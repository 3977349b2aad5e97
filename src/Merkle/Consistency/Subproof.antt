-- ===== src/Merkle/Consistency/Subproof.antt =====
-- The recursion of `_subproof` with the fuel gone, and what `at_root` leaves out.
use blindrange.Prelude.{
  ℕ, zero, suc, ◌-◌, ◌≤◌, ◌<◌, ◌≡◌, ◌==◌, refl, ap, Bool, true, false, List, [], ◌∷◌, ◌++◌, leb,
  Bool-cases, inl, inr, if◌then◌else◌, length, take, drop, arith,
}
use blindrange.Merkle.{Bytes, split, root}
use blindrange.Merkle.Root.{halves}
use blindrange.Merkle.Consistency.{subproof_fuel, subproof}

module _ (sha256 : Bytes → Bytes) where
  abbrev whole_proof : Bool → List Bytes → List Bytes
  whole_proof b xs = if b then [] else root sha256 xs ∷ []

  fuel_enough :
      (f g : ℕ) (xs : List Bytes) (m : ℕ) (b : Bool)
      → 1 ≤ m
      → m ≤ length xs
      → length xs ≤ f
      → length xs ≤ g
      → subproof_fuel sha256 f xs m b ≡ subproof_fuel sha256 g xs m b
  unfolding subproof_fuel
  fuel_enough zero g xs m b one le p q = absurd (omega arith)
  fuel_enough (suc f) zero xs m b one le p q = absurd (omega arith)
  fuel_enough (suc f) (suc g) xs m b one le p q = elim (Bool-cases (m == length xs)) [
    | inl same ↦ rw same refl
    | inr less ↦
        let two : 2 ≤ length xs = ground (arith, less) in
        let (l, r, pos, short) = halves xs two in
        let k = split (length xs) in
        elim (Bool-cases (leb m k)) [
          | inl here ↦
              rw (less, here)
                (ap (λ t. t ++ root sha256 (drop k xs) ∷ [])
                  (fuel_enough f g (take k xs) m b one (ground (arith, l, here))
                    (omega (arith, l, short)) (omega (arith, l, short))))
          | inr there ↦
              rw (less, there)
                (ap (λ t. t ++ root sha256 (take k xs) ∷ [])
                  (fuel_enough f g (drop k xs) (m - k) false (ground (arith, there))
                    (ground (arith, r, there)) (omega (arith, r, pos)) (omega (arith, r, pos))))
        ]
  ]

  pub subproof-whole :
      (xs : List Bytes) (m : ℕ) (b : Bool)
      → m ≡ length xs
      → subproof sha256 xs m b ≡ whole_proof b xs
  unfolding subproof subproof_fuel
  subproof-whole [] m b e = refl
  subproof-whole (x ∷ xs) m b e = ground (arith, e)

  -- The part of the tree that holds the end of the old tree, and the head of the other part.
  module _ (xs : List Bytes) (m : ℕ) (b : Bool) (one : 1 ≤ m) (less : m < length xs) where
    abbrev k : ℕ
    k = split (length xs)

    two : 2 ≤ length xs
    two = omega arith

    unrolled : subproof sha256 xs m b ≡ subproof_fuel sha256 (suc (length xs)) xs m b
    unfolding subproof
    unrolled =
        fuel_enough (length xs) (suc (length xs)) xs m b one (omega arith) (omega arith)
          (omega arith)

    pub subproof-left :
        leb m k ≡ true
        → subproof sha256 xs m b ≡ subproof sha256 (take k xs) m b ++ root sha256 (drop k xs) ∷ []
    unfolding subproof subproof_fuel
    subproof-left here =
        let (l, r, pos, short) = halves xs two in
        let differ : (m == length xs) ≡ false = ground arith in
        rw unrolled (
          rw (differ, here)
            (ap (λ t. t ++ root sha256 (drop k xs) ∷ [])
              (fuel_enough (length xs) (length (take k xs)) (take k xs) m b one
                (ground (arith, l, here)) (omega (arith, l, short)) (omega arith))))

    pub subproof-right :
        leb m k ≡ false
        → subproof sha256 xs m b
          ≡ subproof sha256 (drop k xs) (m - k) false ++ root sha256 (take k xs) ∷ []
    unfolding subproof subproof_fuel
    subproof-right there =
        let (l, r, pos, short) = halves xs two in
        let differ : (m == length xs) ≡ false = ground arith in
        rw unrolled (
          rw (differ, there)
            (ap (λ t. t ++ root sha256 (take k xs) ∷ [])
              (fuel_enough (length xs) (length (drop k xs)) (drop k xs) (m - k) false
                (ground (arith, there)) (ground (arith, r, there)) (omega (arith, r))
                (omega arith))))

====

> _Directions_
Where the line holding "subproof sha256 (take" appears in the listing above, start reproducing exactly, and end with the line holding "leb m k ≡ false".

> _Answer for the task_
        → subproof sha256 xs m b ≡ subproof sha256 (take k xs) m b ++ root sha256 (drop k xs) ∷ []
    unfolding subproof subproof_fuel
    subproof-left here =
        let (l, r, pos, short) = halves xs two in
        let differ : (m == length xs) ≡ false = ground arith in
        rw unrolled (
          rw (differ, here)
            (ap (λ t. t ++ root sha256 (drop k xs) ∷ [])
              (fuel_enough (length xs) (length (take k xs)) (take k xs) m b one
                (ground (arith, l, here)) (omega (arith, l, short)) (omega arith))))

    pub subproof-right :
        leb m k ≡ false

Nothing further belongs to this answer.